Nice find, and I admire your courage for even attempting this!
We'll see how it goes, but what _is_ happening is ram replacement. Nvidia 5090's with 96GB are somewhat a thing now. $4K. YMMV, caveat emptor. https://www.alibaba.com/product-detail/Newest-RTX-5090-96gb-...
Lets continue to hope
How long would it take to recoup the cost if you made the model available for others to run inference at the same price as the big players?
Assumptions:
Batch 4x and get 400 tokens per second and push his power consumption to 900W instead of the underutilized 300W.
Electricity around €0.2/kWhr.
Tokens valued at €1/1M out.
Assume ~70% utilization.
Result:
You get ~1M tokens per hour which is a net profit of ~€0.8/hr. Which is a payoff time of a bit over a year or so given the €9K investment.
Honestly though there is a lot of handwaving here.

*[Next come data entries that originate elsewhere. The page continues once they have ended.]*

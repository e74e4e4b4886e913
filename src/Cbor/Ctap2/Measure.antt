-- ===== src/Cbor/Ctap2/Measure.antt =====
-- `bio_cbor_item_encoded_size` of src/cbor/bio_cbor_ctap2.c measures whole trees.
use hiya.Base.{
  ℕ, zero, suc, ◌+◌, ◌-◌, ◌*◌, ◌/◌, ◌^◌, ◌≤◌, ◌<◌, ◌≡◌, refl, sym, ◌∙◌, ap, false, List, [], ◌++◌,
  length, ltb, leb, arith, drop, drop-drop, append-nil,
}
use mathlib.Core.Path.{subst, subst₂}
use hiya.Cbor.{Major, size_max, add_size}
use hiya.Cbor.Head.{head}
use hiya.Cbor.Tree.{
  Tree, Trees, Pairs, uint, negint, bstr, tstr, array, map, tag, simple, float, double, nil, item,
  empty, pair, count_items, count_pairs, encode, encode_items, encode_pairs, IsValid, AreValid,
  ArePairsValid, level, level_items, level_pairs,
}
use hiya.Cbor.Tree.Size.{sizes, count_items-le, count_pairs-le, length-encode_pos}
use hiya.Cbor.Decoder.{Result, done}
use hiya.Cbor.Ctap2.{RawHead, size_loop, size_of_head, size_depth, item_encoded_size}
use hiya.Cbor.Ctap2.Size.{
  Begins, Begins-drop, Begins-front, Begins-le, Measured, head_size, simple-Measured, bits-Measured,
  bytes-Measured,
}

-- From `total` on, `bs` comes.
record At (p : List ℕ) (len total : ℕ) (bs : List ℕ) : Type 0 where
  begins : Begins (drop total p) (len - total) bs
  before : total ≤ len
  small : len < 2 ^ 63

At-next :
    (p : List ℕ) (len total : ℕ) (xs ys : List ℕ)
    → At p len total (xs ++ ys)
    → At p len (total + length xs) ys
At-next p len total xs ys a =
    let room = Begins-le _ _ xs (Begins-front _ _ xs ys a.begins) in
    let left : len - total - length xs ≡ len - (total + length xs) = omega arith in
    record {
      begins =
          subst₂ (λ q n. Begins q n ys) (drop-drop total (length xs) p) left
            (Begins-drop _ _ (length xs) xs ys refl a.begins);
      before = omega (arith, a.before);
      small = a.small;
    }

At-head :
    (p : List ℕ) (len : ℕ) (xs ys : List ℕ) → Begins p len (xs ++ ys) → At p len (length xs) ys
At-head p len xs ys b = record {
  begins = Begins-drop p len (length xs) xs ys refl b;
  before = Begins-le p len xs (Begins-front p len xs ys b);
  small = b.small;
}

-- One round of the loop over an item that is measured.
round :
    (l n : ℕ) (p : List ℕ) (len total : ℕ) (xs ys : List ℕ)
    → 1 ≤ length xs
    → At p len total (xs ++ ys)
    → Measured l (drop total p) (len - total) xs
    → size_loop (size_depth l) (suc n) p len total
      ≡ size_loop (size_depth l) n p len (total + length xs)
unfolding size_loop
round l n p len total xs ys pos a m =
    let room = Begins-le _ _ xs (Begins-front _ _ xs ys a.begins) in
    let more : leb len total ≡ false = ground arith in
    let sum : add_size total (length xs) ≡ total + length xs = omega (arith, a.small, a.before) in
    rw (more, m, sum, size_loop)

-- The loop over items that make up `bs`.
abbrev Totals : ℕ → ℕ → List ℕ → ℕ → ℕ → List ℕ → Type 0
Totals l n p len total bs = size_loop (size_depth l) n p len total ≡ done (total + length bs)

-- A head that is the whole item.
head_only :
    (l : ℕ) (mt : Major) (v : ℕ) (p : List ℕ) (len : ℕ)
    → v < 2 ^ 64
    → ((child : List ℕ → ℕ → Result ℕ) (h : RawHead) → size_of_head child h mt p len ≡ done h.used)
    → Begins p len (head mt v)
    → Measured (suc l) p len (head mt v)
head_only l mt v p len h f b =
    head_size l mt v p len [] h (subst (Begins p len) (sym (append-nil (head mt v))) b)
    ∙ f (size_depth l) _

-- A head with the bytes of its items behind it.
over_items :
    (l n : ℕ) (mt : Major) (v : ℕ) (p : List ℕ) (len : ℕ) (bs : List ℕ)
    → v < 2 ^ 64
    → ((h : RawHead)
        → h.value ≡ v
        → size_of_head (size_depth l) h mt p len ≡ size_loop (size_depth l) n p len h.used)
    → Begins p len (head mt v ++ bs)
    → Totals l n p len (length (head mt v)) bs
    → Measured (suc l) p len (head mt v ++ bs)
over_items l n mt v p len bs h f b t =
    head_size l mt v p len bs h b ∙ f _ refl ∙ t ∙ ap done (omega sizes)

tagged :
    (l v : ℕ) (p : List ℕ) (len : ℕ) (bs : List ℕ)
    → v < 2 ^ 64
    → Begins p len (head Major.tag v ++ bs)
    → Measured l (drop (length (head Major.tag v)) p) (len - length (head Major.tag v)) bs
    → Measured (suc l) p len (head Major.tag v ++ bs)
unfolding size_of_head
tagged l v p len bs h b m =
    let room = Begins-le p len (head Major.tag v ++ bs) b in
    head_size l Major.tag v p len bs h b ∙ rw m (ap done (omega (sizes, b.small)))

map_loop :
    (child : List ℕ → ℕ → Result ℕ) (h : RawHead) (p : List ℕ) (len v : ℕ)
    → v < 2 ^ 63
    → h.value ≡ v
    → size_of_head child h Major.map p len ≡ size_loop child (v * 2) p len h.used
unfolding size_of_head
map_loop child h p len v l e =
    let fits : ltb (size_max / 2) h.value ≡ false = ground arith in rw (fits, e)

mutual
  unfolding encode size_of_head size_loop

  size_depth-Measured :
      (t : Tree) (l : ℕ) (p : List ℕ) (len : ℕ)
      → IsValid t
      → level t < l
      → Begins p len (encode t)
      → Measured l p len (encode t)
  size_depth-Measured (uint v) zero p len ok_t h b = absurd (omega arith)
  size_depth-Measured t zero p len ok_t h b = absurd (omega arith)
  size_depth-Measured (uint v) (suc l) p len ok_t h b =
      head_only l Major.uint v p len ok_t (λ _ _. refl) b
  size_depth-Measured (negint v) (suc l) p len ok_t h b =
      head_only l Major.negint v p len ok_t (λ _ _. refl) b
  size_depth-Measured (bstr bs) (suc l) p len ok_t h b =
      bytes-Measured l Major.bstr bs p len (λ _ _. refl) ok_t b
  size_depth-Measured (tstr bs) (suc l) p len ok_t h b =
      bytes-Measured l Major.tstr bs p len (λ _ _. refl) ok_t b
  size_depth-Measured (array ts) (suc l) p len ok_t h b =
      let hd = head Major.array (count_items ts) in
      let fits = Begins-le p len (hd ++ encode_items ts) b in
      over_items l (count_items ts) Major.array (count_items ts) p len (encode_items ts)
        (omega (sizes, count_items-le ts, b.small))
        (λ r e. ap (λ n. size_loop (size_depth l) n p len r.used) e) b
        (loop-Totals ts l p len (length hd) ok_t (omega arith) (At-head p len hd _ b))
  size_depth-Measured (map ps) (suc l) p len ok_t h b =
      let hd = head Major.map (count_pairs ps) in
      let fits = Begins-le p len (hd ++ encode_pairs ps) b in
      let short : count_pairs ps < 2 ^ 63 = omega (sizes, count_pairs-le ps, b.small) in
      over_items l (count_pairs ps * 2) Major.map (count_pairs ps) p len (encode_pairs ps)
        (omega arith) (λ r e. map_loop (size_depth l) r p len (count_pairs ps) short e) b
        (loop_pairs-Totals ps l p len (length hd) ok_t (omega arith) (At-head p len hd _ b))
  size_depth-Measured (tag n t) (suc l) p len (hn, ok_t) h b =
      let hd = head Major.tag n in
      tagged l n p len (encode t) hn b (
        size_depth-Measured t l (drop (length hd) p) (len - length hd) ok_t (omega arith)
          (Begins-drop p len (length hd) hd (encode t) refl b))
  size_depth-Measured (simple v) (suc l) p len ok_t h b = simple-Measured l v p len ok_t b
  size_depth-Measured (float v) (suc l) p len ok_t h b =
      bits-Measured l 26 4 v p len (omega arith) b
  size_depth-Measured (double v) (suc l) p len ok_t h b =
      bits-Measured l 27 8 v p len (omega arith) b

  loop-Totals :
      (ts : Trees) (l : ℕ) (p : List ℕ) (len total : ℕ)
      → AreValid ts
      → level_items ts ≤ l
      → At p len total (encode_items ts)
      → Totals l (count_items ts) p len total (encode_items ts)
  loop-Totals nil l p len total ok_ts h a = ap done (omega arith)
  loop-Totals (item t ts) l p len total (ok_t, ok_ts) h a =
      round l (count_items ts) p len total (encode t) (encode_items ts) (length-encode_pos t) a (
        size_depth-Measured t l _ _ ok_t (omega arith)
          (Begins-front _ _ (encode t) (encode_items ts) a.begins))
      ∙ loop-Totals ts l p len (total + length (encode t)) ok_ts (omega arith)
          (At-next p len total (encode t) (encode_items ts) a)
      ∙ ap done (omega sizes)

  loop_pairs-Totals :
      (ps : Pairs) (l : ℕ) (p : List ℕ) (len total : ℕ)
      → ArePairsValid ps
      → level_pairs ps ≤ l
      → At p len total (encode_pairs ps)
      → Totals l (count_pairs ps * 2) p len total (encode_pairs ps)
  loop_pairs-Totals empty l p len total ok_ps h a = ap done (omega arith)
  loop_pairs-Totals (pair k v ps) l p len total (ok_k, ok_v, ok_ps) h a =
      let two : suc (count_pairs ps) * 2 ≡ suc (suc (count_pairs ps * 2)) = omega arith in
      let b = At-next p len total (encode k) (encode v ++ encode_pairs ps) a in
      let total₁ = total + length (encode k) in
      rw two (
        round l (suc (count_pairs ps * 2)) p len total (encode k) (encode v ++ encode_pairs ps)
          (length-encode_pos k) a
          (size_depth-Measured k l _ _ ok_k (omega arith) (Begins-front _ _ (encode k) _ a.begins))
        ∙ round l (count_pairs ps * 2) p len total₁ (encode v) (encode_pairs ps)
            (length-encode_pos v) b
            (size_depth-Measured v l _ _ ok_v (omega arith)
              (Begins-front _ _ (encode v) _ b.begins))
        ∙ loop_pairs-Totals ps l p len (total₁ + length (encode v)) ok_ps (omega arith)
            (At-next p len total₁ (encode v) (encode_pairs ps) b)
        ∙ ap done (omega sizes))

-- On memory of fewer than 2 ^ 63 bytes that begins with the encoding of a valid item that nests
-- at most 32 levels deep, `bio_cbor_item_encoded_size` gives the length of that encoding.
pub item_encoded_size-encode :
    (t : Tree) (p : List ℕ) (len : ℕ)
    → IsValid t
    → level t ≤ 32
    → Begins p len (encode t)
    → item_encoded_size p len ≡ done (length (encode t))
unfolding item_encoded_size
item_encoded_size-encode t p len ok_t h b = size_depth-Measured t 33 p len ok_t (omega arith) b
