-- ===== src/Cbor/Ctap2/Sort.antt =====
-- `bio_cbor_sort_map_ctap2` of src/cbor/bio_cbor_ctap2.c. `qsort` is a parameter, and whether the
-- two allocations succeed is an argument. A pointer into the buffer is a position.
use hiya.Base.{
  ℕ, zero, suc, ◌≡◌, ◌≢◌, refl, Bool, true, false, not, List, [], ◌∷◌, ◌++◌, take, drop, memcpy,
  ltb, ◌==◌, if◌then◌else◌, Option, none, some, ℤ, pos, negsuc, Status, ok, nomem, invalid_param,
  cbor_invalid,
}
use hiya.Cbor.{Major, code, add_size, sub_size}
use hiya.Cbor.Decoder.{Result, done, fail}
use hiya.Cbor.Ctap2.{RawHead, decode_head_raw, item_encoded_size}

-- `cbor_kv_pair_t`.
pub record KvPair : Type 0 where
  pub key_at : ℕ
  pub key_len : ℕ
  pub val_at : ℕ
  pub val_len : ℕ

-- The sign of `memcmp` on two blocks of the same size.
unfoldable pub memcmp : List ℕ → List ℕ → ℤ
memcmp [] ys = pos 0
memcmp (x ∷ xs) [] = pos 0
memcmp (x ∷ xs) (y ∷ ys) =
    let later = memcmp xs ys in if ltb x y then negsuc 0 else if ltb y x then pos 1 else later

abbrev pub key_bytes : List ℕ → KvPair → List ℕ
key_bytes buf p = take p.key_len (drop p.key_at buf)

abbrev pub val_bytes : List ℕ → KvPair → List ℕ
val_bytes buf p = take p.val_len (drop p.val_at buf)

-- `ctap2_key_compare`.
unfoldable pub ctap2_key_compare : List ℕ → KvPair → KvPair → ℤ
ctap2_key_compare buf a b =
    if ltb a.key_len b.key_len
    then negsuc 0
    else if ltb b.key_len a.key_len
    then pos 1
    else memcmp (key_bytes buf a) (key_bytes buf b)

abbrev pub on_size {ℓ} : {A : Type ℓ} → Result ℕ → (ℕ → Result A) → Result A
on_size (done sz) f = f sz
on_size (fail rc) f = fail rc

abbrev pub add_pair : KvPair → Result (List KvPair) → Result (List KvPair)
add_pair p (done ps) = done (p ∷ ps)
add_pair p (fail rc) = fail rc

-- The loop that finds the pairs, from `at` on.
unfoldable pub find_pairs : ℕ → List ℕ → ℕ → ℕ → Result (List KvPair)
find_pairs zero buf len at = done []
find_pairs (suc n) buf len at =
    on_size (item_encoded_size (drop at buf) (sub_size len at)) λ key_sz.
      let val_at = add_size at key_sz in
      on_size (item_encoded_size (drop val_at buf) (sub_size len val_at)) λ val_sz.
        add_pair (record { key_at = at; key_len = key_sz; val_at = val_at; val_len = val_sz })
          (find_pairs n buf len (add_size val_at val_sz))

-- The loop that fills `sorted_body`.
unfoldable pub body_of : List ℕ → List KvPair → List ℕ
body_of buf [] = []
body_of buf (p ∷ ps) = key_bytes buf p ++ (val_bytes buf p ++ body_of buf ps)

-- What follows once the pairs are found.
unfoldable pub write_back :
    ((KvPair → KvPair → ℤ) → List KvPair → List KvPair)
    → Bool
    → List ℕ
    → ℕ
    → Result (List KvPair)
    → List ℕ × Status
write_back qsort body_memory buf head_sz (fail rc) = (buf, rc)
write_back qsort body_memory buf head_sz (done pairs) =
    if body_memory
    then (memcpy buf head_sz (body_of buf (qsort (ctap2_key_compare buf) pairs)), ok)
    else (buf, nomem)

unfoldable pub sort_pairs :
    ((KvPair → KvPair → ℤ) → List KvPair → List KvPair)
    → Bool
    → Bool
    → List ℕ
    → ℕ
    → Option RawHead
    → List ℕ × Status
sort_pairs qsort pairs_memory body_memory buf len none = (buf, cbor_invalid)
sort_pairs qsort pairs_memory body_memory buf len (some h) =
    if not (code h.major == code Major.map)
    then (buf, cbor_invalid)
    else if h.value == 0
    then (buf, ok)
    else if ltb 256 h.value
    then (buf, cbor_invalid)
    else if not pairs_memory
    then (buf, nomem)
    else write_back qsort body_memory buf h.used (find_pairs h.value buf len h.used)

-- `bio_cbor_sort_map_ctap2`: the buffer that it leaves, and its status.
unfoldable pub sort_map_ctap2 :
    ((KvPair → KvPair → ℤ) → List KvPair → List KvPair) → Bool → Bool → List ℕ → ℕ → List ℕ × Status
sort_map_ctap2 qsort pairs_memory body_memory buf len =
    if len == 0
    then (buf, invalid_param)
    else sort_pairs qsort pairs_memory body_memory buf len (decode_head_raw buf len)

-- The buffer is as it was, or the call succeeded.
abbrev Untouched : List ℕ → List ℕ × Status → Type 0
Untouched buf r = r.1 ≢ ok → r.0 ≡ buf

Untouched-if :
    (buf : List ℕ) (b : Bool) (x y : List ℕ × Status)
    → Untouched buf x
    → Untouched buf y
    → Untouched buf (if b then x else y)
Untouched-if buf true x y f g = f
Untouched-if buf false x y f g = g

write_back-Untouched :
    (qsort : (KvPair → KvPair → ℤ) → List KvPair → List KvPair) (b : Bool) (buf : List ℕ) (n : ℕ)
    (r : Result (List KvPair))
    → Untouched buf (write_back qsort b buf n r)
unfolding write_back
write_back-Untouched qsort b buf n (fail rc) h = refl
write_back-Untouched qsort true buf n (done pairs) h = absurd (h refl)
write_back-Untouched qsort false buf n (done pairs) h = refl

sort_pairs-Untouched :
    (qsort : (KvPair → KvPair → ℤ) → List KvPair → List KvPair) (a b : Bool) (buf : List ℕ)
    (len : ℕ) (o : Option RawHead)
    → Untouched buf (sort_pairs qsort a b buf len o)
unfolding sort_pairs
sort_pairs-Untouched qsort a b buf len none = λ _. refl
sort_pairs-Untouched qsort a b buf len (some h) =
    Untouched-if buf (not (code h.major == code Major.map)) _ _ (λ _. refl)
      (Untouched-if buf (h.value == 0) _ _ (λ _. refl)
        (Untouched-if buf (ltb 256 h.value) _ _ (λ _. refl)
          (Untouched-if buf (not a) _ _ (λ _. refl)
            (write_back-Untouched qsort b buf h.used (find_pairs h.value buf len h.used)))))

-- Whatever `qsort` does and whichever allocation fails, a call of `bio_cbor_sort_map_ctap2`
-- that does not return BIO_OK leaves the buffer as it was.
pub sort_map_ctap2-error :
    (qsort : (KvPair → KvPair → ℤ) → List KvPair → List KvPair) (pairs_memory body_memory : Bool)
    (buf : List ℕ) (len : ℕ)
    → (sort_map_ctap2 qsort pairs_memory body_memory buf len).1 ≢ ok
    → (sort_map_ctap2 qsort pairs_memory body_memory buf len).0 ≡ buf
unfolding sort_map_ctap2
sort_map_ctap2-error qsort a b buf len =
    Untouched-if buf (len == 0) _ _ (λ _. refl)
      (sort_pairs-Untouched qsort a b buf len (decode_head_raw buf len))
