-- ===== src/Cbor/Decoder/Calls.antt =====
-- The public calls of src/cbor/bio_cbor_decoder.c: the typed decoders, and the search of a map
-- for a key.
use hiya.Base.{
  ℕ, zero, suc, ◌-◌, ◌^◌, Bool, true, false, ◌&&◌, List, [], ◌∷◌, length, ltb, leb, ◌==◌,
  if◌then◌else◌, take, drop, ℤ, pos, ok, cbor_overflow, cbor_unexpected_type, not_found,
}
use hiya.Cbor.{Major, major_of, shr, simple_true, simple_false, simple_null}
use hiya.Cbor.Decoder.{
  Decoder, Result, done, fail, Reply, and_then, ◌>>=◌, Item, uint, negint, bstr, tstr, array, map,
  tag, simple, dec_peek, decode_next, skip,
}

-- `bio_cbor_decoder_init`: the `memset`, then the buffer and its size.
unfoldable pub init : List ℕ → ℕ → Decoder
init source size = record { source = source; size = size; offset = 0; error = false; err_code = ok }

abbrev on_done {ℓ κ} : {A : Type ℓ} {B : Type κ} → (A → B) → Result A → Result B
on_done f (done a) = done (f a)
on_done f (fail s) = fail s

-- `bio_cbor_peek_type`.
unfoldable pub peek_type : Decoder → Result Major
peek_type d = on_done (λ head. major_of (shr head 5)) (dec_peek d)

-- `bio_cbor_decoder_at_end`.
unfoldable pub at_end : Decoder → Bool
at_end d = leb d.size d.offset

-- `bio_cbor_decoder_offset`.
unfoldable pub offset : Decoder → ℕ
offset d = d.offset

-- `bio_cbor_decoder_remaining`.
unfoldable pub remaining : Decoder → ℕ
remaining d = if ltb d.offset d.size then d.size - d.offset else 0

-- What each typed decoder does with an item, the errors included.
abbrev pub wrong_type {ℓ} : {A : Type ℓ} → Decoder → Reply A
wrong_type d = (d, fail cbor_unexpected_type)

unfoldable pub uint_of : Item → Decoder → Reply ℕ
uint_of (uint v) d = (d, done v)
uint_of _ d = wrong_type d

unfoldable pub int_of : Item → Decoder → Reply ℤ
int_of (uint v) d = if ltb (2 ^ 63 - 1) v then (d, fail cbor_overflow) else (d, done (pos v))
int_of (negint z) d = (d, done z)
int_of _ d = wrong_type d

unfoldable pub bstr_of : Item → Decoder → Reply (ℕ × ℕ)
bstr_of (bstr at len) d = (d, done (at, len))
bstr_of _ d = wrong_type d

unfoldable pub tstr_of : Item → Decoder → Reply (ℕ × ℕ)
tstr_of (tstr at len) d = (d, done (at, len))
tstr_of _ d = wrong_type d

unfoldable pub array_of : Item → Decoder → Reply ℕ
array_of (array n) d = (d, done n)
array_of _ d = wrong_type d

unfoldable pub map_of : Item → Decoder → Reply ℕ
map_of (map n) d = (d, done n)
map_of _ d = wrong_type d

unfoldable pub bool_of : Item → Decoder → Reply Bool
bool_of (simple s) d =
    if s.simple_val == simple_true
    then (d, done true)
    else if s.simple_val == simple_false
    then (d, done false)
    else wrong_type d
bool_of _ d = wrong_type d

unfoldable pub null_of : Item → Decoder → Reply (Unit {0})
null_of (simple s) d = if s.simple_val == simple_null then (d, done tt) else wrong_type d
null_of _ d = wrong_type d

unfoldable pub tag_of : Item → Decoder → Reply ℕ
tag_of (tag n) d = (d, done n)
tag_of _ d = wrong_type d

unfoldable pub decode_uint : Decoder → Reply ℕ
decode_uint = decode_next >>= uint_of

unfoldable pub decode_int : Decoder → Reply ℤ
decode_int = decode_next >>= int_of

unfoldable pub decode_bstr : Decoder → Reply (ℕ × ℕ)
decode_bstr = decode_next >>= bstr_of

unfoldable pub decode_tstr : Decoder → Reply (ℕ × ℕ)
decode_tstr = decode_next >>= tstr_of

unfoldable pub decode_array : Decoder → Reply ℕ
decode_array = decode_next >>= array_of

unfoldable pub decode_map : Decoder → Reply ℕ
decode_map = decode_next >>= map_of

unfoldable pub decode_bool : Decoder → Reply Bool
decode_bool = decode_next >>= bool_of

unfoldable pub decode_null : Decoder → Reply (Unit {0})
decode_null = decode_next >>= null_of

unfoldable pub decode_tag : Decoder → Reply ℕ
decode_tag = decode_next >>= tag_of

-- `memcmp(a, b, n) == 0` on two blocks of the same size.
unfoldable pub same_bytes : List ℕ → List ℕ → Bool
same_bytes [] [] = true
same_bytes (x ∷ xs) (y ∷ ys) = x == y && same_bytes xs ys
same_bytes _ _ = false

-- The loop of the two searches: `matches` is the test on the key, `start` the saved position.
unfoldable pub find_key : (Item → Decoder → Bool) → ℕ → ℕ → Decoder → Reply (Unit {0})
find_key matches start zero d = (record d { offset = start }, fail not_found)
find_key matches start (suc n) d =
    let r = decode_next d in
    and_then r.0 r.1 λ k d'.
      let miss = skip d' in
      if matches k d'
      then (d', done tt)
      else and_then miss.0 miss.1 (λ _ d''. find_key matches start n d'')

unfoldable pub is_uint_key : ℕ → Item → Decoder → Bool
is_uint_key key (uint v) d = v == key
is_uint_key key _ d = false

unfoldable pub is_tstr_key : List ℕ → Item → Decoder → Bool
is_tstr_key key (tstr at len) d = len == length key && same_bytes (take len (drop at d.source)) key
is_tstr_key key _ d = false

-- `bio_cbor_map_find_uint_key`.
unfoldable pub map_find_uint_key : ℕ → ℕ → Decoder → Reply (Unit {0})
map_find_uint_key count key d = find_key (is_uint_key key) d.offset count d

-- `bio_cbor_map_find_tstr_key`, for a key of `key_len` bytes.
unfoldable pub map_find_tstr_key : ℕ → List ℕ → Decoder → Reply (Unit {0})
map_find_tstr_key count key d = find_key (is_tstr_key key) d.offset count d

The most significant unknown is getting high utilization with aggressive batching and 24/7 load.
Also the demand for privacy can make the utility of the tokens much higher than typical API prices for open source models.
In a sort of orthogonal way renting 2 H100s costs around $6 per hour which makes the payback time a bit over a couple months.
GLM 4.5 Air, to be precise. It's a smaller 166B model, not the full 355B one.
Worth mentioning when discussing token throughput.
It will fit in system RAM, and as its mixture of experts and the experts are not too large, I can at least run it. Token/second speed will be slower, but as system memory bandwidth is somewhere around 5-600Gb/s, so it should feel OK.
I think there are probably Law Firms/doctors offices that would gladly pay ~3-4K euro a month to have this thing delivered and run truely "on-prem" to work with documents they can't risk leaking (patent filings, patient records etc).
For a company with 20-30 people, the legal and privacy protection is worth the small premium over using cloud providers.
Just a hunch though! This would have it paid-off in 3-4 months?